流れていたクイズ番組が CMに切り替わった時、大地が口を開いた。
「美咲ってどんな男が好きなんだ? 」
いきなりどうしたんだろう。 意図が全くわからない。
「アイドルの追っかけには教えてあげません。 あたしなんかに興味ないでしょ」
さっきまで『千春』のグラビアに釘付けになっていた人には耳が痛いであろう言葉を投げる。
「興味なかったら聞かないし」
そこまで言うのなら。 食い下がる大地に、究極の二択を突きつけた。
「それなら、先に質問ね。 あたしと岬千春が二人とも大地が好きだって言ったらどっちと付き合う? 」
「えっ!? えっと――」
ああ、あたしって性格悪い。 大地は優しいから、この状況で『千春』だなんて言うわけがない。 ただ、「美咲だよ」って言わせたいだけ。
それだけだったのに、その言葉すら出てこない大地に苛立ちが募る。
「ほら、答えられないじゃない。 あたしのことなんて見てないんでしょ」
自分勝手なのを棚に上げて、大地を責め立てる。大地にはなんの非もないのに。
「いやいや、ちょっと待って、違うんだ。 俺は、美咲から好きだって言ってもらえるなら喜んで付き合うよ」
取り繕おうとするその言葉のせいで、心が余計にささくれ立ってゆく。 思い通りにならない状況に、抑えが効かなくなってしまう。

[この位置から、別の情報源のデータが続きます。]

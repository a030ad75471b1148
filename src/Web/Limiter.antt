-- ===== src/Web/Limiter.antt =====
-- pkg/web/limiter.go: `RateLimiter` and `LimitContentLength`, which let a request pass or refuse it.
-- A request is of any type `Request`; the ignore options are tests on it, asked in their order. The
-- token bucket of golang.org/x/time/rate is the record `Bucket`: its state, and `Allow`, which uses
-- the state up and says whether the event may happen.
pub mod Buckets
mod Examples
use goddd.Common.{
  ℕ, ◌≡◌, ◌↔◌, ◌⊎◌, inl, inr, refl, Bool, true, false, not, ◌||◌, Bool-cases, List, [], ◌∷◌, arith,
  if◌then◌else◌,
}
use goddd.Common.Int.{ℤ, ltb_ℤ}
use goddd.Reason.{Error, set_msg}

pub record Bucket : Type 1 where
  pub Limiter : Type 0
  pub allow : Limiter → Limiter × Bool

-- What becomes of a request: the next handler runs, or the answer is an error.
pub data Outcome : Type 0 where
  next : Outcome
  aborted : Error → Outcome

module _ {Request : Type 0} where
  -- The loop over the ignore options, and the refusal behind it.
  pub unless_ignored : List (Request → Bool) → Error → Request → Outcome
  unless_ignored [] e r = aborted e
  unless_ignored (fn ∷ fns) e r = let rest = unless_ignored fns e r in if fn r then next else rest

  module _ (b : Bucket) (err_rate_limit : Error) where
    -- The bucket is asked for each request, also for one that is let through by an option.
    pub rate_limiter : List (Request → Bool) → Request → b.Limiter → b.Limiter × Outcome
    unfolding unless_ignored
    rate_limiter ignore_fn r l =
        let (l', allowed) = b.allow l in
        (
          l',
          if not allowed then unless_ignored ignore_fn (set_msg "服务器繁忙" err_rate_limit) r else next,
        )

  pub limit_content_length : (Request → ℤ) → Error → ℤ → List (Request → Bool) → Request → Outcome
  unfolding unless_ignored
  limit_content_length content_length err limit ignore_fn r =
      if ltb_ℤ limit (content_length r) then unless_ignored ignore_fn err r else next

  -- Some option lets the request through.
  unfoldable pub is_ignored : List (Request → Bool) → Request → Bool
  is_ignored [] r = false
  is_ignored (fn ∷ fns) r = fn r || is_ignored fns r

  unless_ignored_lem :
      (fns : List (Request → Bool)) (e : Error) (r : Request)
      → unless_ignored fns e r ≡ (if is_ignored fns r then next else aborted e)
  unfolding unless_ignored is_ignored
  unless_ignored_lem [] e r = refl
  unless_ignored_lem (fn ∷ fns) e r = elim (Bool-cases (fn r)) [
    | inl p ↦ rw (p, unless_ignored, is_ignored) refl
    | inr p ↦ rw (p, unless_ignored, is_ignored) (unless_ignored_lem fns e r)
  ]

  -- A request passes `LimitContentLength` exactly if its length is within the limit or an option lets
  -- it through, and it passes `RateLimiter` exactly if the bucket allows it or an option lets it
  -- through; the bucket is asked once for each request, whatever the options say. A request that does
  -- not pass gets the error of the limit.
  pub rate_limiter-limit_content_length :
      (b : Bucket) (err too_large : Error) (content_length : Request → ℤ) (limit : ℤ)
      (fns : List (Request → Bool)) (r : Request) (l : b.Limiter)
      → (rate_limiter b err fns r l ≡ (
        (b.allow l).0,
        if (b.allow l).1 || is_ignored fns r then next else aborted (set_msg "服务器繁忙" err),
      ))
        × (limit_content_length content_length too_large limit fns r ≡ (
            if not (ltb_ℤ limit (content_length r)) || is_ignored fns r
            then next
            else aborted too_large))
  unfolding rate_limiter limit_content_length
  rate_limiter-limit_content_length b err too_large content_length limit fns r l = (
    elim (Bool-cases (b.allow l).1) [
      | inl p ↦ rw (p, rate_limiter) refl
      | inr p ↦ rw (p, rate_limiter) (rw (unless_ignored_lem fns (set_msg "服务器繁忙" err) r) refl)
    ],
    ground (arith, unless_ignored_lem fns too_large r),
  )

「そんなフォローいらないよ。 結局大地はアイドルの岬千春が好きなんだよ。 無責任なこと言わないで」
「そりゃ好きだけど、本気で付き合えるとか思ってるわけじゃなくて」
それは『仮面』だよ。 アイドルをしているときだけにつけて本音を隠す仮面。
ホントのあたしはここにいるんだよ。 いつだって目の前に。
「ねぇ――あたしのことは見てくれないの? 」
しまった、と思ったのは、言葉がこぼれ落ちた後だった。
梅雨ですね……。
なのに季節がクリスマスですみません。